EXERCISE PROMPT:
Nothing is needed except the lines below that run from the one with "let rest = insert_website" through the one with "unfoldable pub the_identity", repeated exactly.

(Records from a data source)
>>>
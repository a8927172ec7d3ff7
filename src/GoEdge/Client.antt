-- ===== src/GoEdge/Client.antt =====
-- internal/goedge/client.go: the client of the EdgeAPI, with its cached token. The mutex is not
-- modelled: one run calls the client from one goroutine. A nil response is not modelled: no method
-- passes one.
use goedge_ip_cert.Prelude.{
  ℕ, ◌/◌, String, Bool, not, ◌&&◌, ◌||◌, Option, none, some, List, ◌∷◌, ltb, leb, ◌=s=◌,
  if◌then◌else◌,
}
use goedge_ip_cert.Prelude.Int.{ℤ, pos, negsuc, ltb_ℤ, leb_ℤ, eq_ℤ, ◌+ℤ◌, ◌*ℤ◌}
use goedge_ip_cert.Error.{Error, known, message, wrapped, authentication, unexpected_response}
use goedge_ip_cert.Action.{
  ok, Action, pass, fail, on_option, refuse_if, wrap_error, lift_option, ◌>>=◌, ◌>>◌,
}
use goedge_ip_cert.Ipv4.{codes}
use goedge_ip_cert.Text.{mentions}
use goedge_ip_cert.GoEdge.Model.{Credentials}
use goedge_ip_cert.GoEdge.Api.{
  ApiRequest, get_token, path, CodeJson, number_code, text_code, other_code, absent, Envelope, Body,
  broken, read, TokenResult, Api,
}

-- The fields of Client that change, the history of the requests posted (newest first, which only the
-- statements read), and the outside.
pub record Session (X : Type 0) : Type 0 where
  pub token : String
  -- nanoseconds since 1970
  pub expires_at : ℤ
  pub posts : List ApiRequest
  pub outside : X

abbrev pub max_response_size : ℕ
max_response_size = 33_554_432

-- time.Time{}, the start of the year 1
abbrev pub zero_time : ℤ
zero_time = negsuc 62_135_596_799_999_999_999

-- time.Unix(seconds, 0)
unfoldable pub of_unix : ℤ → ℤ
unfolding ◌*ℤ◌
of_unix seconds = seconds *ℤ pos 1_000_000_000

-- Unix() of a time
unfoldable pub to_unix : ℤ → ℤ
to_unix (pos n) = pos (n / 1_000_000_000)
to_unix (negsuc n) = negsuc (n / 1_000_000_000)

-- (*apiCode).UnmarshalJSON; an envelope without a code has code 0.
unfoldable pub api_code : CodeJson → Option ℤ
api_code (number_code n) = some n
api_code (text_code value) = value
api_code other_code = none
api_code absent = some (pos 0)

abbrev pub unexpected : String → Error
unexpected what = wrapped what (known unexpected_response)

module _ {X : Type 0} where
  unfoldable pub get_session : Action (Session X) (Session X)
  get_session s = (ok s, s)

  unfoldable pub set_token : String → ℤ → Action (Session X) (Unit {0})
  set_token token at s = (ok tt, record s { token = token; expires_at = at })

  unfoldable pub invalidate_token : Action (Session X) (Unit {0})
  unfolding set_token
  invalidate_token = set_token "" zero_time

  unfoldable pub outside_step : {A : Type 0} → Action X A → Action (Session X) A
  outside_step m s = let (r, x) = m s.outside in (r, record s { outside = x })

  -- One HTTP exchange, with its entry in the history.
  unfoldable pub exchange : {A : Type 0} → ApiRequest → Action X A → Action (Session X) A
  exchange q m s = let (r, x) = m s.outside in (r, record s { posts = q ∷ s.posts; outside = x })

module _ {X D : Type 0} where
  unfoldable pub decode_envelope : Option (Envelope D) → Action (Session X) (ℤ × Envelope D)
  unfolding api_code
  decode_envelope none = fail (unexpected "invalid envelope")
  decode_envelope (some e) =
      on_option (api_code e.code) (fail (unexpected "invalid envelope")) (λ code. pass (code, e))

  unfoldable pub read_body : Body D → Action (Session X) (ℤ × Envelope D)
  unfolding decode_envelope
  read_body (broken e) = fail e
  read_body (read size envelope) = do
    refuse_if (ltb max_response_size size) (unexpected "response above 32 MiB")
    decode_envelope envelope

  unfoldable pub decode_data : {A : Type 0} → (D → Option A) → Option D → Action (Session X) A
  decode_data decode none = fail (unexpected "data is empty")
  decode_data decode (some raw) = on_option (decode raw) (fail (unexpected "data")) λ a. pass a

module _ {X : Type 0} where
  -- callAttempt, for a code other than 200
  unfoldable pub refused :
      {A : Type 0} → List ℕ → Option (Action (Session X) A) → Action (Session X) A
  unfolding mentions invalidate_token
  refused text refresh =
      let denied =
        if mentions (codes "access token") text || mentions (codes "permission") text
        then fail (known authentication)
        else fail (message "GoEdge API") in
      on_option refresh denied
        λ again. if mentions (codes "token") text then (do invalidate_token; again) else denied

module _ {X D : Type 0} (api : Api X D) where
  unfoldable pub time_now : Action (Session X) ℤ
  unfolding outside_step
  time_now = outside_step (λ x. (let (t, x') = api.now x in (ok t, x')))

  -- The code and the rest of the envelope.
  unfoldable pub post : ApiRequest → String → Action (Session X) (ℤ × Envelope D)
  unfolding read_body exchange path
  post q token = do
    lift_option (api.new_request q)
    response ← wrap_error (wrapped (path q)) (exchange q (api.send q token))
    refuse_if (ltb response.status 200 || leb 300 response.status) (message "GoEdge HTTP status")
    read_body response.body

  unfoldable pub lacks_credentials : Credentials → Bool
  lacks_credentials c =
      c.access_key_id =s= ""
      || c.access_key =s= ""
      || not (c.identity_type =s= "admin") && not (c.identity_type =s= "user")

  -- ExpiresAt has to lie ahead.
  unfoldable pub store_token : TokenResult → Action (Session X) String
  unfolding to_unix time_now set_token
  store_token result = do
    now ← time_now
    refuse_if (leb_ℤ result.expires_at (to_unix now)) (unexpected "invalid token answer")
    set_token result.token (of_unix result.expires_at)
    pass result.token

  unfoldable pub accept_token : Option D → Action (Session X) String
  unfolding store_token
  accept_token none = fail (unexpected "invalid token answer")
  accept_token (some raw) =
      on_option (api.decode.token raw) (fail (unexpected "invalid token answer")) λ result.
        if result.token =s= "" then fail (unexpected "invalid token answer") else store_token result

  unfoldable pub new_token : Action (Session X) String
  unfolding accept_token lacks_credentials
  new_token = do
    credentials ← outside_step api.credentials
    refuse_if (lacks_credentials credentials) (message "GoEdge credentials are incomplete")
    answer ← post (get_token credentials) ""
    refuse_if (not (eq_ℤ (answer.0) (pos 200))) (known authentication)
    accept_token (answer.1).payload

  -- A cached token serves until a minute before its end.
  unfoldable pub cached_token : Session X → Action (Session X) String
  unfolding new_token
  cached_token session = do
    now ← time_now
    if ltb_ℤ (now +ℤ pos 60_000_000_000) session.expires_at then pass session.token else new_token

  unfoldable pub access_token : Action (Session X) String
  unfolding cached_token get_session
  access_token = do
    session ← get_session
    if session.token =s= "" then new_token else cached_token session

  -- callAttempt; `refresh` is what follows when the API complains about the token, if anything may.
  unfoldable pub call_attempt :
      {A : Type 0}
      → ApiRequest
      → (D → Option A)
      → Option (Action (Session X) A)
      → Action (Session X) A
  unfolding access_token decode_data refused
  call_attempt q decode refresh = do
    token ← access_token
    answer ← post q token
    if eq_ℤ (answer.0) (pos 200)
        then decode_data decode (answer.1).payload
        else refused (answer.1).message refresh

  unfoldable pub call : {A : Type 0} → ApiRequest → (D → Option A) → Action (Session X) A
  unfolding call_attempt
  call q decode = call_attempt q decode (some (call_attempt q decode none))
<<<
>>>
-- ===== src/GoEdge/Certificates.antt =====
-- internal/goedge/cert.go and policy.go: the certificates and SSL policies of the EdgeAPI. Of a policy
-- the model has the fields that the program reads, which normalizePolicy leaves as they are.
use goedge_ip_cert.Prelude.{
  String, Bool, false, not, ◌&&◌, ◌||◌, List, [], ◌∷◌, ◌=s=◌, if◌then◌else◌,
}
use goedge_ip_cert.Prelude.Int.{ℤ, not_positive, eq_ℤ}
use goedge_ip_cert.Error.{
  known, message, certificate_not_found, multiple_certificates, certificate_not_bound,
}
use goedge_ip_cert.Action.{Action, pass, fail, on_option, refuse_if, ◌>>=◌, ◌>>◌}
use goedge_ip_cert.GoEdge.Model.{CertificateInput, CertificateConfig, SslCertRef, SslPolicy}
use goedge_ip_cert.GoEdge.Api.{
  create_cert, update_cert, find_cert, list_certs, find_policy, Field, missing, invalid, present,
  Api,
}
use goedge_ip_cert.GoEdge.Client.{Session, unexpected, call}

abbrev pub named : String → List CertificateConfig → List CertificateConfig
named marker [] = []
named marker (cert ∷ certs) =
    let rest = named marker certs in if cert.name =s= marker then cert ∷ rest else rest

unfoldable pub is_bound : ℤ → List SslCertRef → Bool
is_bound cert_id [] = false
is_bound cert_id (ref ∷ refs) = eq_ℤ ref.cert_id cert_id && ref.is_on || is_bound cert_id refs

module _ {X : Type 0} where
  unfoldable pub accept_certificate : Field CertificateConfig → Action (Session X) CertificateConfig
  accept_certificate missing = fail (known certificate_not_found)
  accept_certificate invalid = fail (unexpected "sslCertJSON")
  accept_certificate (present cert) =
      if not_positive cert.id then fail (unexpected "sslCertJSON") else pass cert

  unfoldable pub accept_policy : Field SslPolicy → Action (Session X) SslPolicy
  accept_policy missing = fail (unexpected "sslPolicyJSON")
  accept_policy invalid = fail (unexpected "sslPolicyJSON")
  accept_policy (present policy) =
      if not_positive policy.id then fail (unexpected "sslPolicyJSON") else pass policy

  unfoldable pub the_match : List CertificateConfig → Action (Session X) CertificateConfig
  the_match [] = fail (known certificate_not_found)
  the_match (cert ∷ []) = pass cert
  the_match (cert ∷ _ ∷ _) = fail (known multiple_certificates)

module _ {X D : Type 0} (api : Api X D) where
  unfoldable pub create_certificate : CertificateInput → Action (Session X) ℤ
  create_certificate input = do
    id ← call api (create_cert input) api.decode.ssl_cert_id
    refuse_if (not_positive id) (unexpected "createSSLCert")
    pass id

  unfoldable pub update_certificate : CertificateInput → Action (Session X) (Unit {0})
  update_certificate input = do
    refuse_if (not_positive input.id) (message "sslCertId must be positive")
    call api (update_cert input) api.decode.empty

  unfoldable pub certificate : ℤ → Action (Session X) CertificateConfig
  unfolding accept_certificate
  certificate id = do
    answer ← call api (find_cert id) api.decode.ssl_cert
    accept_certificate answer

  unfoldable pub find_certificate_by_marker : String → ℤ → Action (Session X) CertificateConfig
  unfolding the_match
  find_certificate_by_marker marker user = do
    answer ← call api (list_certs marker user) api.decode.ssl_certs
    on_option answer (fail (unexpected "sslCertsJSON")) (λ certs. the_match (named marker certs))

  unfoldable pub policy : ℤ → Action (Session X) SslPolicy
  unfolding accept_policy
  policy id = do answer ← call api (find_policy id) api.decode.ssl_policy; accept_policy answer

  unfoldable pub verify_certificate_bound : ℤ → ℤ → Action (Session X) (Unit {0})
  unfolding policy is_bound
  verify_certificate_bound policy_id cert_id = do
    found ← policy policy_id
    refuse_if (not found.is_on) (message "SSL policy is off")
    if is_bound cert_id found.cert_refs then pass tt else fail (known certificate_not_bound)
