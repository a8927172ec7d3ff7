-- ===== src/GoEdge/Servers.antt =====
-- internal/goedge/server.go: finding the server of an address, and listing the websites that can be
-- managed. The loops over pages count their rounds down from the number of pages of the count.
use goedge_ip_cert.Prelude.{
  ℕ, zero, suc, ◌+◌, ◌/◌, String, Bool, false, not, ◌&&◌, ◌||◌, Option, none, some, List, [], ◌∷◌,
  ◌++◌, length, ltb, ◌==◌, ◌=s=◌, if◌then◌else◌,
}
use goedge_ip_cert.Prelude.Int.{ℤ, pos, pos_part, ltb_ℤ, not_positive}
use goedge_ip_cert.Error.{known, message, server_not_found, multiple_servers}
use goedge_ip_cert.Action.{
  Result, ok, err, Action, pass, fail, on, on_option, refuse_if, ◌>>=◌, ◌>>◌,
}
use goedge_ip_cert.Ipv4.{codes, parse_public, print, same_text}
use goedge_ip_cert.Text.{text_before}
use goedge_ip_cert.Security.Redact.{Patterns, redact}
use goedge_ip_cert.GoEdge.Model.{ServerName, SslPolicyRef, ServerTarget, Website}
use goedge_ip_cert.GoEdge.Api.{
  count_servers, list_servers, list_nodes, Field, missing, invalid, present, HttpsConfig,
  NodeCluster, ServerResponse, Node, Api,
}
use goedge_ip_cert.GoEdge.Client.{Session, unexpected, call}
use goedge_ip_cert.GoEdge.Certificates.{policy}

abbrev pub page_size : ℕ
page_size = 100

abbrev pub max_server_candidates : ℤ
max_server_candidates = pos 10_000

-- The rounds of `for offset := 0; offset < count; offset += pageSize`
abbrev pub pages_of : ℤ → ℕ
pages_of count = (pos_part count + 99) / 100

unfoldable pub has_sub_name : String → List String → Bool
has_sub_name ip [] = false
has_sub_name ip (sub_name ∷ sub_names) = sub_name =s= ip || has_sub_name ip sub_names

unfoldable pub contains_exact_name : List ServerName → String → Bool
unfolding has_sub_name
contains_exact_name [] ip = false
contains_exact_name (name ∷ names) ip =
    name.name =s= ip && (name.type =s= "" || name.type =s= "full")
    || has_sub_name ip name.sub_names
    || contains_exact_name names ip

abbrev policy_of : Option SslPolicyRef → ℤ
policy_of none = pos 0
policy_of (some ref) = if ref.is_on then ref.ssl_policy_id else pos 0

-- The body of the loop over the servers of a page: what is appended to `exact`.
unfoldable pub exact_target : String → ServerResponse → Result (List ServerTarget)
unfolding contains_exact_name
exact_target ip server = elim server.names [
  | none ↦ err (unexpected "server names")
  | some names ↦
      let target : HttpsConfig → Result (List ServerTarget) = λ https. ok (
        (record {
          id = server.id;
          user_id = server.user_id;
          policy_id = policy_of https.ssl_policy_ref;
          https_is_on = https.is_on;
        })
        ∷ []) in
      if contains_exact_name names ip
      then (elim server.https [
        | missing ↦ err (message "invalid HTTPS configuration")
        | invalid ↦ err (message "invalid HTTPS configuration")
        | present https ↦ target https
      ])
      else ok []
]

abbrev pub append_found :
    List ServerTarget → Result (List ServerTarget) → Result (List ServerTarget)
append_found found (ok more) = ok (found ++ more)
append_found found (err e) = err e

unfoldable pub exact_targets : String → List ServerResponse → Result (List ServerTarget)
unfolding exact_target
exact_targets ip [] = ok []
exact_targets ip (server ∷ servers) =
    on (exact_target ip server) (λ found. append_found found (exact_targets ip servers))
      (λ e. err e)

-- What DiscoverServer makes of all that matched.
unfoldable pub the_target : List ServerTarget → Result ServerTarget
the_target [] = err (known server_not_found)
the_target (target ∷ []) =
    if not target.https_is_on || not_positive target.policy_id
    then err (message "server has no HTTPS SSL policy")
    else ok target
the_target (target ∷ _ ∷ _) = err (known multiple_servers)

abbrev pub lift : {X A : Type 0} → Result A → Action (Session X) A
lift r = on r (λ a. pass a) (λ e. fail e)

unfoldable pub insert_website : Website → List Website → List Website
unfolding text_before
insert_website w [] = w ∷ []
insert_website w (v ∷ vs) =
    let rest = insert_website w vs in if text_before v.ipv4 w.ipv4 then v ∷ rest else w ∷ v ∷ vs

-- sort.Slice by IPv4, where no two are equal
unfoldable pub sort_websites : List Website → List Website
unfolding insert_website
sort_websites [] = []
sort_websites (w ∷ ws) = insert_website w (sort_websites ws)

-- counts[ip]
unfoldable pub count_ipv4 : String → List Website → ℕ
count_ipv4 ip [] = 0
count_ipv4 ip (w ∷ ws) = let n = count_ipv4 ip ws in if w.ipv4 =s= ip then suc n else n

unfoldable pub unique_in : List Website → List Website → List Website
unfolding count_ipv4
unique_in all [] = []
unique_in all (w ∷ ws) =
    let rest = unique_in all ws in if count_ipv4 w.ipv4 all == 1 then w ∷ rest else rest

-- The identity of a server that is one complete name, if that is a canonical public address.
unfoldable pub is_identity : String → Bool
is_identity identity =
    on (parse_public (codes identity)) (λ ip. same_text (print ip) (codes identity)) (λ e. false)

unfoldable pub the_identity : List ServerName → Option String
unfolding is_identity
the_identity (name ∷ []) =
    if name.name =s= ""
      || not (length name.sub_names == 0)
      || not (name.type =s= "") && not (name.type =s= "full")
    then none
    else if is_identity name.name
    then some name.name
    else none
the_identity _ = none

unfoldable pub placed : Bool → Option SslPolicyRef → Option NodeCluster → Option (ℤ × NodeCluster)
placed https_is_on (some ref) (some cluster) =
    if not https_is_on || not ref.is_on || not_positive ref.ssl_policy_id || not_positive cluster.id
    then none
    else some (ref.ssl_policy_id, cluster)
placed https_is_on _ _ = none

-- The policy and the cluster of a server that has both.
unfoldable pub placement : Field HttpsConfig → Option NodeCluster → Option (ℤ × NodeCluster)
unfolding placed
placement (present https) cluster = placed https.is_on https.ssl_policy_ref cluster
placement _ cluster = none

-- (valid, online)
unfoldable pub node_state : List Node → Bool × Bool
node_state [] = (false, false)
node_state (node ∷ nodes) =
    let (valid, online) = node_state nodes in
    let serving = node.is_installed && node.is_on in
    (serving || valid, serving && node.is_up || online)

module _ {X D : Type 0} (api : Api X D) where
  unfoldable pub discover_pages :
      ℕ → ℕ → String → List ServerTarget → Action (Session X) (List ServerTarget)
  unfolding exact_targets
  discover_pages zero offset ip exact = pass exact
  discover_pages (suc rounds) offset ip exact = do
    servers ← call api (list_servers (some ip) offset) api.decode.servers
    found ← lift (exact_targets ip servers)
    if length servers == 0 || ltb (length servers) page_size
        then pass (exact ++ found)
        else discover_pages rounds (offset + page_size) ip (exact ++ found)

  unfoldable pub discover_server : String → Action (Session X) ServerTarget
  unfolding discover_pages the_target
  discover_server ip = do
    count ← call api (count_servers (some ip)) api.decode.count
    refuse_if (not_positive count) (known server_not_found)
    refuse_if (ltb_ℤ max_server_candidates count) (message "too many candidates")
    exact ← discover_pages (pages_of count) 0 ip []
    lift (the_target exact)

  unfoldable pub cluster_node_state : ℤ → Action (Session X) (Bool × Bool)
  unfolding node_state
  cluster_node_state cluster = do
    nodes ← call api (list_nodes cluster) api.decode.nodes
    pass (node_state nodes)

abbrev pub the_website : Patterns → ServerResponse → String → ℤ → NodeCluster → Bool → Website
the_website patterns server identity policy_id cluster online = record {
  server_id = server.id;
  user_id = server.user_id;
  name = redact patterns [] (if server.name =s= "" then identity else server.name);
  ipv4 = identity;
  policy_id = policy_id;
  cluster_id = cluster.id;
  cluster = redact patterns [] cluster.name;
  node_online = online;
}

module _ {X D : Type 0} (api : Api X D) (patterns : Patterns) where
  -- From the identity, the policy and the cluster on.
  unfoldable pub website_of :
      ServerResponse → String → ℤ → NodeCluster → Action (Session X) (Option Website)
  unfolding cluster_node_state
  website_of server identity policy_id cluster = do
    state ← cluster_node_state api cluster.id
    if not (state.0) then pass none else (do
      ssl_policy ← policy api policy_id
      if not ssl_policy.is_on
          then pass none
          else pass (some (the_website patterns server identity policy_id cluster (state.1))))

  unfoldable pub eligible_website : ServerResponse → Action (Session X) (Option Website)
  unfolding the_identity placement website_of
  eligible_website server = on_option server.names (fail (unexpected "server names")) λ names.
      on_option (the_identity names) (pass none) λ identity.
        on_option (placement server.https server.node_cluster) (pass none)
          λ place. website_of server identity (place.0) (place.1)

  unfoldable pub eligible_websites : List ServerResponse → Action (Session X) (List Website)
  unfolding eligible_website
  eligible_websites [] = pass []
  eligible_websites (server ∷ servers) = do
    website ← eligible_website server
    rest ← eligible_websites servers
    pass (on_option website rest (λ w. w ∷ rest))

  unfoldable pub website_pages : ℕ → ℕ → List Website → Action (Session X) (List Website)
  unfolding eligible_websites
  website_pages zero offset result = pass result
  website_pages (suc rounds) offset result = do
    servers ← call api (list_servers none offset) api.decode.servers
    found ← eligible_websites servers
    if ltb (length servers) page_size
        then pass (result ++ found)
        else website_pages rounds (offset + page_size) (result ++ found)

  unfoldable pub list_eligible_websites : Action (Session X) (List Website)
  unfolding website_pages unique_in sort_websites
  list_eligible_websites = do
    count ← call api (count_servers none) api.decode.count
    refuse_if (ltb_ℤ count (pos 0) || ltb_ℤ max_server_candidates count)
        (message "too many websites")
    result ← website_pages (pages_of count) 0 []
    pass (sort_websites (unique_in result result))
<<<
TASK RESPONSE:
    let rest = insert_website w vs in if text_before v.ipv4 w.ipv4 then v ∷ rest else w ∷ v ∷ vs

-- sort.Slice by IPv4, where no two are equal
unfoldable pub sort_websites : List Website → List Website
unfolding insert_website
sort_websites [] = []
sort_websites (w ∷ ws) = insert_website w (sort_websites ws)

-- counts[ip]
unfoldable pub count_ipv4 : String → List Website → ℕ
count_ipv4 ip [] = 0
count_ipv4 ip (w ∷ ws) = let n = count_ipv4 ip ws in if w.ipv4 =s= ip then suc n else n

unfoldable pub unique_in : List Website → List Website → List Website
unfolding count_ipv4
unique_in all [] = []
unique_in all (w ∷ ws) =
    let rest = unique_in all ws in if count_ipv4 w.ipv4 all == 1 then w ∷ rest else rest

-- The identity of a server that is one complete name, if that is a canonical public address.
unfoldable pub is_identity : String → Bool
is_identity identity =
    on (parse_public (codes identity)) (λ ip. same_text (print ip) (codes identity)) (λ e. false)

unfoldable pub the_identity : List ServerName → Option String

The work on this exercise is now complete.